SA riots wake-up call for industry

Business Reporter
VIOLENT demonstrations that unfolded in South Africa over the last two weeks, which resulted in the death of more than 200 people while businesses were torched, looted, attacked and properties destroyed, amplify calls and need for expedited development and strengthening of domestic value chains.

Zimbabwean industries get majority of their key raw materials used in manufacturing and production from South Africa, but also Europe, The United Arab Emirates, China, Zambia, Kenya, Turkey and the Middle East.

Normalcy may have returned to most of South Africa, Zimbabwe’s single largest trading partner, but the events of the last fortnight left the country with so much to ponder in terms of the state of its value chains, especially relating to production of key raw materials.

Trade between countries is good, but in essence it must only be to the extent of covering each other’s needs or deficiencies in order to promote and advance economic growth and development in individual jurisdictions.

While trade channels have reopened after relative calm returned to South Africa that, however, is still counting the extensive cost of the damage to domestic businesses and its economy, economic observers say the impact on Zimbabwe will linger for a while.

Admittedly, trade is a global phenomenon, but the interdependence should not cripple other markets when the other part sneezes.

Instead, trade should be anchored in mutual exchanges that support sustainable development of industries and economies.
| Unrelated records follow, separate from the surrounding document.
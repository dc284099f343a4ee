-- ===== src/Prelude/Results.antt =====
-- A call that may return an error: `(T, error)` of the source, as a value or an error.
use mathlib.Core.Path.{◌≡◌, refl, ap}
use mathlib.Core.Logic.{◌≢◌, ◌⊎◌, inl, inr}
use mathlib.Core.Bool.{Bool, true, false}

pub data Result {ℓ κ} (E : Type ℓ) (A : Type κ) : Type (ℓ ⊔ κ) where
  ok : A → Result E A
  err : E → Result E A

infixl 5 ◌>>=◌ ◌>>◌
abbrev pub ◌>>=◌ {ℓ κ ι} :
    {E : Type ℓ} {A : Type κ} {B : Type ι} → Result E A → (A → Result E B) → Result E B
ok value >>= next = next value
err problem >>= next = err problem

abbrev pub ◌>>◌ {ℓ κ} : {E : Type ℓ} {B : Type κ} → Result E (Unit {0}) → Result E B → Result E B
test >> rest = test >>= λ u. rest

-- `if bad { return e }`.
abbrev pub reject {ℓ} : {E : Type ℓ} → Bool → E → Result E (Unit {0})
reject true e = err e
reject false e = ok tt

module _ {ℓ κ ι} {E : Type ℓ} {A : Type κ} {B : Type ι} where
  -- A block that succeeds has had its first call succeed.
  pub >>=-eq-ok :
      (call : Result E A) (next : A → Result E B) {result : B}
      → (call >>= next) ≡ ok result
      → (value : A) × (call ≡ ok value) × (next value ≡ ok result)
  >>=-eq-ok (ok value) next p = (value, refl, p)
  >>=-eq-ok (err problem) next p = cc

module _ {ℓ κ} {E : Type ℓ} {A : Type κ} where
  pub ok-injective : {a b : A} → ◌≡◌ {A = Result E A} (ok a) (ok b) → a ≡ b
  ok-injective h = cc

  pub err-injective : {a b : E} → ◌≡◌ {A = Result E A} (err a) (err b) → a ≡ b
  err-injective h = cc

  pub ok≢err : {r : Result E A} {a : A} {e : E} → r ≡ err e → r ≡ ok a → ⊥
  ok≢err p q = cc

  pub Result-cases : (r : Result E A) → ((a : A) × (r ≡ ok a)) ⊎ ((e : E) × (r ≡ err e))
  Result-cases (ok a) = inl (a, refl)
  Result-cases (err e) = inr (e, refl)

module _ {ℓ} {E : Type ℓ} where
  pub reject-≢-err : (b : Bool) (e x : E) → e ≢ x → reject b e ≢ err x
  reject-≢-err true e x h = λ p. h (err-injective p)
  reject-≢-err false e x h = λ p. cc

  -- A failed test is the one way through `reject`.
  pub reject-eq-ok : (b : Bool) (e : E) {u : Unit {0}} → reject b e ≡ ok u → b ≡ false
  reject-eq-ok true e h = cc
  reject-eq-ok false e h = refl

module _ {ℓ κ} {E : Type ℓ} {A : Type κ} where
  -- A block that succeeds has passed its first test.
  pub through :
      (b : Bool) (e : E) (rest : Result E A) {a : A}
      → (reject b e >> rest) ≡ ok a
      → (b ≡ false) × (rest ≡ ok a)
  through true e rest h = cc
  through false e rest h = (refl, h)

  pub skip : (b : Bool) (e : E) (rest : Result E A) → b ≡ false → (reject b e >> rest) ≡ rest
  skip true e rest h = cc
  skip false e rest h = refl

module _ {ℓ κ ι} {E : Type ℓ} {A : Type κ} {B : Type ι} where
  -- A block gives an error only if one of its calls does.
  pub >>=-≢-err :
      (m : Result E A) (f : A → Result E B) (e : E)
      → m ≢ err e
      → ((a : A) → m ≡ ok a → f a ≢ err e)
      → (m >>= f) ≢ err e
  >>=-≢-err (ok a) f e h k = k a refl
  >>=-≢-err (err x) f e h k = λ p. h (ap err (err-injective p))
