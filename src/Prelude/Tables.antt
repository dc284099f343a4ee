-- ===== src/Prelude/Tables.antt =====
-- A map with keys of type string, as a function.
use Prim.Native.String.{String}
use mathlib.Core.Path.{◌≡◌}
use mathlib.Core.Bool.{false}
use mathlib.Core.Option.{Option, some}
use agent_dock_coedx5_6sol.Prelude.Tests.{
  ◌==◌, string_eq, if◌then◌else◌, ==_self, if_true, if_false,
}

abbrev pub Table : Type 0 → Type 0
Table A = String → Option A

abbrev pub put : {A : Type 0} → Table A → String → A → Table A
put m k v j = if j == k then some v else m j

module _ {A : Type 0} (m : Table A) (k : String) (v : A) where
  pub put_self : put m k v k ≡ some v
  put_self = if_true (k == k) _ _ (==_self k)

  pub put_other : (j : String) → (j == k) ≡ false → put m k v j ≡ m j
  put_other j h = if_false (j == k) _ _ h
The reality of the need to develop strong domestic value chains for raw materials and other basic goods has also been exposed by disruptions to trade and global supply chains necessitated by the outbreak of the Covid-19 pandemic, which forced economies across the world to shut down in order to contain the virus.

The International Monetary Fund (IMF) estimated that Zimbabwe may have been forced into a 4 percent contraction last year due to Covid-19, after drought and Cyclone Idai induced a 6 percent recession in 2019.

The long shadow of Covid-19 remains regardless, Finance and Economic Development Professor Minister Mthuli believes that Zimbabwe will still be able to realise its growth target of 7,4 percent this year.

Minister Ncube cited the bumper harvest the country achieved this year, following a good rainy season, anticipated commodity super-cycle, investments in power and booming construction among the reasons. Zimbabwe will do more good to shield its fledgling recovery from exogenous shocks after nearly two decades of economic down spiral, only punctuated by brief intermittent growth; it developed its value chains, for both raw materials and finished products.

The good thing is the country already has a well-crafted development path, the Zimbabwe National Industrialisation Development Policy, which also proposes development of a local content policy.

The Zimbabwe National Industrial Development Policy (ZNIDP) (2019-2023) is a blueprint for industrialisation which derives from Vision 2030, and is tailored to assist the economy to achieve the above objectives.

The policy is premised upon the deliberate decision taken by the Government to open the country for business, modernise, industrialise and promote investment, with the ultimate goal attaining broad based economic empowerment, inclusive economic growth and employment creation.

Notably, Zimbabwe already possesses the expertise and history of what it takes to build vibrant productive sectors, as one of sub-Sahara’s (outside South Africa) most industrialised economy post independence from Britain in 1980.

Zimbabwe’s captains of industries are well aware of the need to develop domestic supply capacity, which the Confederation of Zimbabwe Industries (CZI) highlighted in its trade dimensions of Covid-19 on Zimbabwe Industry, released in May last year.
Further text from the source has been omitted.